PROBLEM TO SOLVE:
Each line starting at the one that contains "-- ===== src/Utf8.antt" and ending at the one that contains "then (0xE0 +" must be returned exactly, and the rest of the listing is left out.

MATERIAL SUPPLIED:

-- ===== src/UrlGuard/Tests.antt =====
-- Runs of the address tests, and their theorems at these runs.
use curator_rs.Prelude.{◌≡◌, refl, true, false, not, any, arith}
use curator_rs.UrlGuard.Addresses.{Ipv4Addr, v4, v6, is_public_ipv4, is_public_ipv6, is_public_ip}
use curator_rs.UrlGuard.Blocks.{
  number, lies_in, kept_out, mapped, is_public_ipv4_blocks, is_public_ip-mapped,
}

model : Unit {0}
unfolding is_public_ipv4 is_public_ipv6 is_public_ip
model = tt

abbrev tailnet : Ipv4Addr
tailnet = record { a = 100; b = 64; c = 0; d = 1 }

abbrev localhost : Ipv4Addr
localhost = record { a = 127; b = 0; c = 0; d = 1 }

tailnet_test : is_public_ip (v4 tailnet) ≡ false
unfolding model
tailnet_test = refl

localhost_test : is_public_ip (v4 localhost) ≡ false
unfolding model
localhost_test = refl

link_local_test :
    is_public_ip
      (v6 (record { s0 = 0xfe80; s1 = 0; s2 = 0; s3 = 0; s4 = 0; s5 = 0; s6 = 0; s7 = 1 }))
    ≡ false
unfolding model
link_local_test = refl

is_public_ipv4_blocks_example :
    is_public_ip (v4 tailnet) ≡ not (any (lies_in (number tailnet)) kept_out)
is_public_ipv4_blocks_example =
    is_public_ipv4_blocks tailnet (omega arith) (omega arith) (omega arith) (omega arith)

is_public_ip-mapped_example : is_public_ip (v6 (mapped localhost)) ≡ true
is_public_ip-mapped_example = is_public_ip-mapped localhost
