-- ===== src/Utf8.antt =====
-- The UTF-8 codec of Python's `str.encode("utf-8")` and `bytes.decode("utf-8", errors="replace")`,
-- which protocol.py, socket_server.py and cli.py call.
mod Sequences
pub mod Scalars
pub mod RoundTrip
pub mod Cut
pub mod Newline
use flipper_agent_indicator.Prelude.{
  ℕ, zero, suc, ◌+◌, ◌-◌, ◌*◌, ◌/◌, ◌%◌, Bool, ◌&&◌, ◌||◌, List, [], ◌∷◌, ◌++◌, Option, none, some,
  ltb, leb, ◌==◌, if◌then◌else◌, all,
}
use flipper_agent_indicator.Text.{Str}

abbrev pub Bytes : Type 0
Bytes = List ℕ

-- A Unicode scalar value: a code point that is no surrogate. Only these can be encoded.
abbrev pub is_scalar : ℕ → Bool
is_scalar c = ltb c 0xD800 || (leb 0xE000 c && ltb c 0x110000)

-- The bytes of one scalar value.
unfoldable pub utf8_char : ℕ → Bytes
utf8_char c =
    if ltb c 0x80
    then c ∷ []
    else if ltb c 0x800
    then (0xC0 + c / 64) ∷ (0x80 + c % 64) ∷ []
    else if ltb c 0x10000
    then (0xE0 + c / 4096) ∷ (0x80 + c / 64 % 64) ∷ (0x80 + c % 64) ∷ []
    else (0xF0 + c / 262144) ∷ (0x80 + c / 4096 % 64) ∷ (0x80 + c / 64 % 64) ∷ (0x80 + c % 64) ∷ []

unfoldable pub utf8 : Str → Bytes
utf8 [] = []
utf8 (c ∷ cs) = utf8_char c ++ utf8 cs

-- s.encode("utf-8"); `none` is a `UnicodeEncodeError`.
unfoldable pub encode : Str → Option Bytes
encode s = if all is_scalar s then some (utf8 s) else none

-- U+FFFD, which stands for what could not be decoded.
abbrev pub replacement : ℕ
replacement = 0xFFFD

-- Between two bytes the decoder is at the start of a character, or wants `left + 1` more
-- continuation bytes, the next of which lies in `lo .. hi`; `acc` is the value so far.
pub data Decoder : Type 0 where
  start : Decoder
  more : (left acc lo hi : ℕ) → Decoder

-- A byte at the start of a character: what is put out, and the state after it.
unfoldable pub begin : ℕ → Str × Decoder
begin b =
    if ltb b 0x80
    then (b ∷ [], start)
    else if ltb b 0xC2
    then (replacement ∷ [], start)
    else if ltb b 0xE0
    then ([], more 0 (b - 0xC0) 0x80 0xBF)
    else if ltb b 0xF0
    then (
      [],
      more 1 (b - 0xE0) (if b == 0xE0 then 0xA0 else 0x80) (if b == 0xED then 0x9F else 0xBF),
    )
    else if ltb b 0xF5
    then (
      [],
      more 2 (b - 0xF0) (if b == 0xF0 then 0x90 else 0x80) (if b == 0xF4 then 0x8F else 0xBF),
    )
    else (replacement ∷ [], start)

-- A continuation byte that fits.
unfoldable pub continue : ℕ → ℕ → Str × Decoder
continue zero acc = (acc ∷ [], start)
continue (suc left) acc = ([], more left acc 0x80 0xBF)

-- One byte. One that does not fit ends the broken character and begins the next.
unfoldable pub feed : Decoder → ℕ → Str × Decoder
unfolding begin continue
feed start b = begin b
feed (more left acc lo hi) b =
    if leb lo b && leb b hi
    then continue left (acc * 64 + (b - 0x80))
    else let (out, next) = begin b in (replacement ∷ out, next)

-- The end of the input inside a character is one replacement.
abbrev pub flush : Decoder → Str
flush start = []
flush (more left acc lo hi) = replacement ∷ []

unfoldable pub decode_from : Decoder → Bytes → Str
unfolding feed
decode_from st [] = flush st
decode_from st (b ∷ bs) = (feed st b).0 ++ decode_from (feed st b).1 bs

-- buf.decode("utf-8", errors="replace")
unfoldable pub decode : Bytes → Str
unfolding decode_from
decode buf = decode_from start buf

EXERCISE RESULT:
-- ===== src/Utf8.antt =====
-- The UTF-8 codec of Python's `str.encode("utf-8")` and `bytes.decode("utf-8", errors="replace")`,
-- which protocol.py, socket_server.py and cli.py call.
mod Sequences
pub mod Scalars
pub mod RoundTrip
pub mod Cut
pub mod Newline
use flipper_agent_indicator.Prelude.{
  ℕ, zero, suc, ◌+◌, ◌-◌, ◌*◌, ◌/◌, ◌%◌, Bool, ◌&&◌, ◌||◌, List, [], ◌∷◌, ◌++◌, Option, none, some,
  ltb, leb, ◌==◌, if◌then◌else◌, all,
}
use flipper_agent_indicator.Text.{Str}

abbrev pub Bytes : Type 0
Bytes = List ℕ

-- A Unicode scalar value: a code point that is no surrogate. Only these can be encoded.
abbrev pub is_scalar : ℕ → Bool
is_scalar c = ltb c 0xD800 || (leb 0xE000 c && ltb c 0x110000)

-- The bytes of one scalar value.
unfoldable pub utf8_char : ℕ → Bytes
utf8_char c =
    if ltb c 0x80
    then c ∷ []
    else if ltb c 0x800
    then (0xC0 + c / 64) ∷ (0x80 + c % 64) ∷ []
    else if ltb c 0x10000
    then (0xE0 + c / 4096) ∷ (0x80 + c / 64 % 64) ∷ (0x80 + c % 64) ∷ []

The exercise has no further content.